Problem details: Going through the data below, tally every line where the string "collect" occurs, then give only the tally.

**** Information ****

-- ===== src/Control/Numbers/Laws.antt =====
-- What the sequence numbers on the wire and in memory mean.
use mathlib.Core.List.{append_assoc}
use streamsync.Base.{
  ℕ, zero, suc, ◌+◌, ◌-◌, ◌%◌, ◌^◌, ◌≤◌, ◌<◌, ◌≡◌, refl, arith, true, false, some, List, [], ◌∷◌,
  ◌++◌, length, ◌==◌, wrapping_sub, Bool-cases, inl, inr,
}
use streamsync.Proto.{encode_uint, bits, set_bits}
use streamsync.Proto.Codec.{decode-encode_uint}
use streamsync.Proto.Fields.{bits_lem, set_type, set_bits_lem}
use streamsync.Proto.Error.{ok}
use streamsync.Control.Numbers.{
  single, range, len, iter, next, collect, items, encode_numbers, decode_numbers, from_range,
}

-- A single number of 31 bits survives the wire.
pub decode-encode_single :
    (n : ℕ) (rest : List ℕ)
    → n < 2 ^ 31
    → decode_numbers (encode_numbers (single n) ++ rest) ≡ ok (single n, rest)
unfolding decode_numbers encode_numbers
decode-encode_single n rest h =
    let same : set_bits n 0 1 0 ≡ n = omega (arith, set_type n 0) in
    let clear : (bits n 0 1 == 1) ≡ false = ground (arith, bits_lem n 0 1) in
    rw (same, decode-encode_uint 4 n rest (omega arith), clear)

-- The two words of a range of 31-bit numbers, the first with its top bit set, are read as that range.
pub decode_range :
    (start end : ℕ) (rest : List ℕ)
    → start < 2 ^ 31
    → end < 2 ^ 31
    → decode_numbers (encode_uint 4 (2 ^ 31 + start) ++ (encode_uint 4 end ++ rest))
      ≡ ok (range start end, rest)
unfolding decode_numbers
decode_range start end rest h k =
    let x = 2 ^ 31 + start in
    let marked : (bits x 0 1 == 1) ≡ true = ground (arith, bits_lem x 0 1) in
    let cleared : set_bits x 0 1 0 ≡ start = omega (arith, set_type x 0) in
    rw (
      decode-encode_uint 4 x (encode_uint 4 end ++ rest) (omega arith),
      marked,
      decode-encode_uint 4 end rest (omega arith),
      cleared,
    )

-- But a range of 31-bit numbers is written without that bit: it is read back as one number, the start without its
-- second highest bit, and the end is left over.
pub decode-encode_range :
    (start end : ℕ) (rest : List ℕ)
    → start < 2 ^ 31
    → end < 2 ^ 31
    → decode_numbers (encode_numbers (range start end) ++ rest)
      ≡ ok (single (start % 2 ^ 30), encode_uint 4 end ++ rest)
unfolding decode_numbers encode_numbers
decode-encode_range start end rest h k =
    let x = set_bits start 1 2 0 in
    let low : x ≡ start % 2 ^ 30 = omega (arith, set_bits_lem start 1 2 0) in
    let same : set_bits end 0 1 0 ≡ end = omega (arith, set_type end 0) in
    let clear : (bits x 0 1 == 1) ≡ false = ground (arith, low, bits_lem x 0 1) in
    rw (
      append_assoc (encode_uint 4 x) (encode_uint 4 (set_bits end 0 1 0)) rest,
      decode-encode_uint 4 x (encode_uint 4 (set_bits end 0 1 0) ++ rest) (omega (arith, low)),
      clear,
      same,
      low,
    )

-- The conversion of a non-empty half-open range of `u32` ends after as many calls as the range has numbers,
-- and gives its first number alone, whatever the end.
pub from_range_first :
    (fuel start end : ℕ)
    → start < end
    → end < 2 ^ 32
    → end - start ≤ fuel
    → from_range fuel start end ≡ some (single start)
unfolding from_range
from_range_first zero start end h k e = absurd (omega arith)
from_range_first (suc fuel) start end h k e = elim (Bool-cases (end - start == 1)) [
  | inl one ↦ rw one
  | inr more ↦
      rw more (
        from_range_first fuel start (wrapping_sub end 1) (ground arith) (omega arith)
          (ground arith))
]

-- The consecutive numbers from `n` on.
abbrev pub counting : ℕ → ℕ → List ℕ
counting zero n = []
counting (suc k) n = n ∷ counting k (n + 1)

length-counting : (k n : ℕ) → length (counting k n) ≡ k
length-counting zero n = refl
length-counting (suc k) n = omega (arith, length-counting k (n + 1))

collect-counting :
    (k start end : ℕ)
    → start + k ≡ end + 1
    → end < 2 ^ 32
    → collect (suc k) (record { start = start; end = end }) ≡ counting k start
unfolding collect next
collect-counting zero start end e h = ground arith
collect-counting (suc k) start end e h =
    ground (arith, collect-counting k (start + 1) end (omega arith) h)

-- The iterator over a range of 32-bit numbers gives every number from the first to the last, in
-- order: one more than `len` says.
pub items-range :
    (start end : ℕ)
    → start ≤ end
    → end < 2 ^ 32
    → (items (range start end) ≡ counting (end + 1 - start) start)
      × (length (items (range start end)) ≡ len (range start end) + 1)
unfolding items len iter
items-range start end h k =
    let rounds : end + 2 - start ≡ suc (end + 1 - start) = omega arith in
    let listed : collect (end + 2 - start) (record { start = start; end = end })
        ≡ counting (end + 1 - start) start =
      rw rounds (collect-counting (end + 1 - start) start end (omega arith) k) in
    (listed, rw listed (omega (arith, length-counting (end + 1 - start) start)))

-- One number is iterated as itself.
pub items_single : (n : ℕ) → n < 2 ^ 32 → items (single n) ≡ n ∷ []
unfolding items iter
items_single n h =
    let rounds : n + 2 - n ≡ 2 = omega arith in rw rounds (collect-counting 1 n n (omega arith) h)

****

Output of the exercise: 10